▸ **Task objective**:
Going line by line through the data below, how many lines contain the word "most"? Give only the number.
Start of Study material
-- ===== src/Str/Bm/GoodSuffix.antt =====
-- The table of good suffixes: preBmGs of src/str/bm.c.
use nebase.Base.{
  ℕ, zero, suc, ◌+◌, ◌-◌, ◌≤◌, ◌<◌, ◌==◌, ltb, ◌≡◌, refl, arith, true, false, inl, inr,
  if◌then◌else◌, subst, ◌∙◌, Bool-cases,
}
use nebase.Evdp.Source.{update}
use nebase.Str.Bm.{Bytes, suffixes, fill_to, border_loop, suffix_loop, pre_bm_gs}
use nebase.Str.Bm.Suffixes.{IsSuffix, suffixes_lem}
use nebase.Str.Bm.Shifts.{IsGood, good_inside, good_beyond}

-- Every shift is positive and at most the pattern.
abbrev pub IsTable : ℕ → (ℕ → ℕ) → Type 0
IsTable m gs = (q : ℕ) → q < m → (0 < gs q) × (gs q ≤ m)

fill_to_lem :
    (m d n j : ℕ) (gs : ℕ → ℕ) (q : ℕ)
    → (q < j → fill_to m d n j gs q ≡ gs q)
      × (j ≤ q → q < j + n → gs q ≡ m → fill_to m d n j gs q ≡ d)
      × (j + n ≤ q → fill_to m d n j gs q ≡ gs q)
unfolding fill_to
fill_to_lem m d zero j gs q = (λ h. refl, λ h k. absurd (omega arith), λ h. refl)
fill_to_lem m d (suc n) j gs q =
    let gs1 = if gs j == m then update gs j d else gs in
    let (before, inside, behind) = fill_to_lem m d n (j + 1) gs1 q in
    let other : (q == j) ≡ false → gs1 q ≡ gs q = λ apart. ground arith in
    (
      λ h. before (omega arith) ∙ other (ground arith),
      λ h k e. elim (Bool-cases (q == j)) [
        | inl same ↦ before (ground arith) ∙ own_lem gs j q d m (ground arith) e
        | inr apart ↦ inside (ground arith) (omega arith) (other apart ∙ e)
      ],
      λ h. behind (omega arith) ∙ other (ground arith),
    )
  where
    own_lem :
        (gs : ℕ → ℕ) (j q d m : ℕ)
        → q ≡ j
        → gs q ≡ m
        → (if gs j == m then update gs j d else gs) q ≡ d
    own_lem gs j q d m same e =
        let at : gs j ≡ m = subst (λ q. gs q ≡ m) same e in
        let hit : (gs j == m) ≡ true = ground (arith, at) in rw hit (ground arith)

-- The table while the second loop runs, `k` bytes left: up to `j` it is filled, and where the
-- pattern ends with a start of it, what is before the shift to that is at most that shift.
record IsFilled (suff : ℕ → ℕ) (m k j : ℕ) (gs : ℕ → ℕ) : Type 0 where
  table : IsTable m gs
  rest : (q : ℕ) → j ≤ q → q < m → gs q ≡ m
  front : (q : ℕ) → q < j → gs q ≤ j
  place : j + k ≤ m
  borders : (i q : ℕ) → k ≤ i → i < m → suff i ≡ suc i → q < m - 1 - i → gs q ≤ m - 1 - i

fill_step :
    (suff : ℕ → ℕ) (m i j : ℕ) (gs : ℕ → ℕ)
    → IsFilled suff m (suc i) j gs
    → let d = m - 1 - i in IsFilled suff m i (j + (d - j)) (fill_to m d (d - j) j gs)
fill_step suff m i j gs w =
    let d = m - 1 - i in
    let gs1 = fill_to m d (d - j) j gs in
    let before : (q : ℕ) → q < j → gs1 q ≡ gs q = λ q. (fill_to_lem m d (d - j) j gs q).0 in
    let inside : (q : ℕ) → j ≤ q → q < d → gs1 q ≡ d =
      λ q le lt. (fill_to_lem m d (d - j) j gs q).1 le (omega arith) (w.rest q le (omega arith)) in
    let behind : (q : ℕ) → j + (d - j) ≤ q → gs1 q ≡ gs q =
      λ q. (fill_to_lem m d (d - j) j gs q).2 in
    let at_end : j + (d - j) ≡ d = omega (arith, w.place) in
    let less : (q : ℕ) → q < m → gs1 q ≤ gs q = λ q lt. elim (Bool-cases (ltb q j)) [
      | inl b ↦ ground (arith, before q)
      | inr c ↦ elim (Bool-cases (ltb q d)) [
        | inl b ↦ ground (arith, inside q, w.rest q)
        | inr e ↦ ground (arith, behind q)
      ]
    ] in
    record {
      table = λ q lt. elim (Bool-cases (ltb q j)) [
        | inl b ↦ ground (arith, before q, w.table q)
        | inr c ↦ elim (Bool-cases (ltb q d)) [
          | inl b ↦ ground (arith, inside q)
          | inr e ↦ ground (arith, behind q, w.table q)
        ]
      ];
      rest = λ q le lt. behind q le ∙ w.rest q (omega arith) lt;
      front = λ q lt. elim (Bool-cases (ltb q j)) [
        | inl b ↦ ground (arith, before q, w.front q, w.place)
        | inr c ↦ ground (arith, inside q)
      ];
      place = omega (arith, w.place);
      borders = λ n q le lt e inner. elim (Bool-cases (n == i)) [
        | inl same ↦ elim (Bool-cases (ltb q j)) [
          | inl b ↦ ground (arith, before q, w.front q, w.place)
          | inr c ↦ ground (arith, inside q)
        ]
        | inr apart ↦
            let old = w.borders n q (ground arith) lt e inner in
            omega (arith, old, less q (omega arith))
      ];
    }

border_loop_lem :
    (suff : ℕ → ℕ) (m k j : ℕ) (gs : ℕ → ℕ)
    → IsFilled suff m k j gs
    → (r : ℕ) × IsFilled suff m 0 r (border_loop suff m k j gs)
unfolding border_loop
border_loop_lem suff m zero j gs w = (j, w)
border_loop_lem suff m (suc i) j gs w = elim (Bool-cases (suff i == suc i)) [
  | inl border ↦
      let d = m - 1 - i in
      rw border (
        border_loop_lem suff m i (j + (d - j)) (fill_to m d (d - j) j gs)
          (fill_step suff m i j gs w))
  | inr other ↦ rw other (
      border_loop_lem suff m i j gs (record {
        table = w.table;
        rest = w.rest;
        front = w.front;
        place = omega (arith, w.place);
        borders = λ n q le lt e inner. w.borders n q (ground (arith, e)) lt e inner;
      }))
]

-- The table while the third loop runs, before the byte `i`, over the table `old` of the second.
record IsSunk (suff old : ℕ → ℕ) (m i : ℕ) (gs : ℕ → ℕ) : Type 0 where
  table : IsTable m gs
  beyond : (q d : ℕ) → q < m → q < d → old q ≤ d → gs q ≤ d
  inside : (n q : ℕ) → n < i → q < m → suff n ≡ m - 1 - q → gs q ≤ m - 1 - n

sink_step :
    (suff old : ℕ → ℕ) (m i : ℕ) (gs : ℕ → ℕ)
    → i < m - 1
    → suff i ≤ suc i
    → IsSunk suff old m i gs
    → IsSunk suff old m (i + 1) (update gs (m - 1 - suff i) (m - 1 - i))
sink_step suff old m i gs lt le w = record {
  table = λ q fits. ground (arith, w.table q);
  beyond = λ q d fits out small. ground (arith, w.beyond q d);
  inside = λ n q before fits e. elim (Bool-cases (n == i)) [
    | inl same ↦
        let at : n ≡ i = ground arith in
        let e1 : suff i ≡ m - 1 - q = subst (λ n. suff n ≡ m - 1 - q) at e in
        let hit : (q == m - 1 - suff i) ≡ true = ground (arith, e1) in rw (hit, at) (omega arith)
    | inr apart ↦
        let kept = w.inside n q (ground arith) fits e in
        elim (Bool-cases (q == m - 1 - suff i)) [
          | inl hit ↦ rw hit (ground (arith, apart))
          | inr miss ↦ rw miss kept
        ]
  ];
}

suffix_loop_lem :
    (suff old : ℕ → ℕ) (m n i : ℕ) (gs : ℕ → ℕ)
    → n + i ≡ m - 1
    → ((k : ℕ) → k < m → suff k ≤ suc k)
    → IsSunk suff old m i gs
    → IsSunk suff old m (m - 1) (suffix_loop suff m n i gs)
unfolding suffix_loop
suffix_loop_lem suff old m zero i gs e le w =
    let at : i ≡ m - 1 = omega arith in subst (λ i. IsSunk suff old m i gs) at w
suffix_loop_lem suff old m (suc n) i gs e le w =
    suffix_loop_lem suff old m n (i + 1) (update gs (m - 1 - suff i) (m - 1 - i)) (omega arith) le
      (sink_step suff old m i gs (omega arith) (le i (omega arith)) w)

-- The shift that preBmGs gives for a mismatch at a byte of a pattern is positive, at most the
-- pattern, and at most every shift that may give a match.
pub pre_bm_gs_lem :
    (x : Bytes) (m j : ℕ)
    → j < m
    → (0 < pre_bm_gs x m j)
      × (pre_bm_gs x m j ≤ m)
      × ((d : ℕ) → 0 < d → IsGood x m j d → pre_bm_gs x m j ≤ d)
unfolding pre_bm_gs
pre_bm_gs_lem x m j lt =
    let suff = suffixes x m in
    let v : (i : ℕ) → i < m → IsSuffix x m i (suff i) = suffixes_lem x m (omega arith) in
    let start : IsFilled suff m m 0 (λ q. m) = record {
      table = λ q fits. (omega arith, omega arith);
      rest = λ q le fits. refl;
      front = λ q before. absurd (omega arith);
      place = omega arith;
      borders = λ i q le fits e inner. absurd (omega arith);
    } in
    let old = border_loop suff m m 0 (λ q. m) in
    let (r, filled) = border_loop_lem suff m m 0 (λ q. m) start in
    let begun : IsSunk suff old m 0 old = record {
      table = filled.table;
      beyond = λ q d fits out small. small;
      inside = λ n q before fits e. absurd (omega arith);
    } in
    let w =
      suffix_loop_lem suff old m (m - 1) 0 old (omega arith) (λ k fits. (v k fits).le) begun in
    (
      (w.table j lt).0,
      (w.table j lt).1,
      λ d some_shift good. elim (Bool-cases (ltb j d)) [
        | inr within ↦
            let e =
              good_inside x m j d lt some_shift (ground arith) good (v (m - 1 - d) (omega arith)) in
            let found = w.inside (m - 1 - d) j (ground arith) lt e in ground (arith, found, within)
        | inl out ↦ elim (Bool-cases (ltb d m)) [
          | inr whole ↦ ground (arith, (w.table j lt).1)
          | inl part ↦
              let beyond : j < d = ground arith in
              let e =
                good_beyond x m j d (ground arith) some_shift beyond good
                  (v (m - 1 - d) (omega arith)) in
              let found =
                filled.borders (m - 1 - d) j (omega arith) (omega arith) e (ground (arith, part)) in
              w.beyond j d lt beyond (ground (arith, found, part))
        ]
      ],
    )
End of Study material
▸ **Written reply**:
4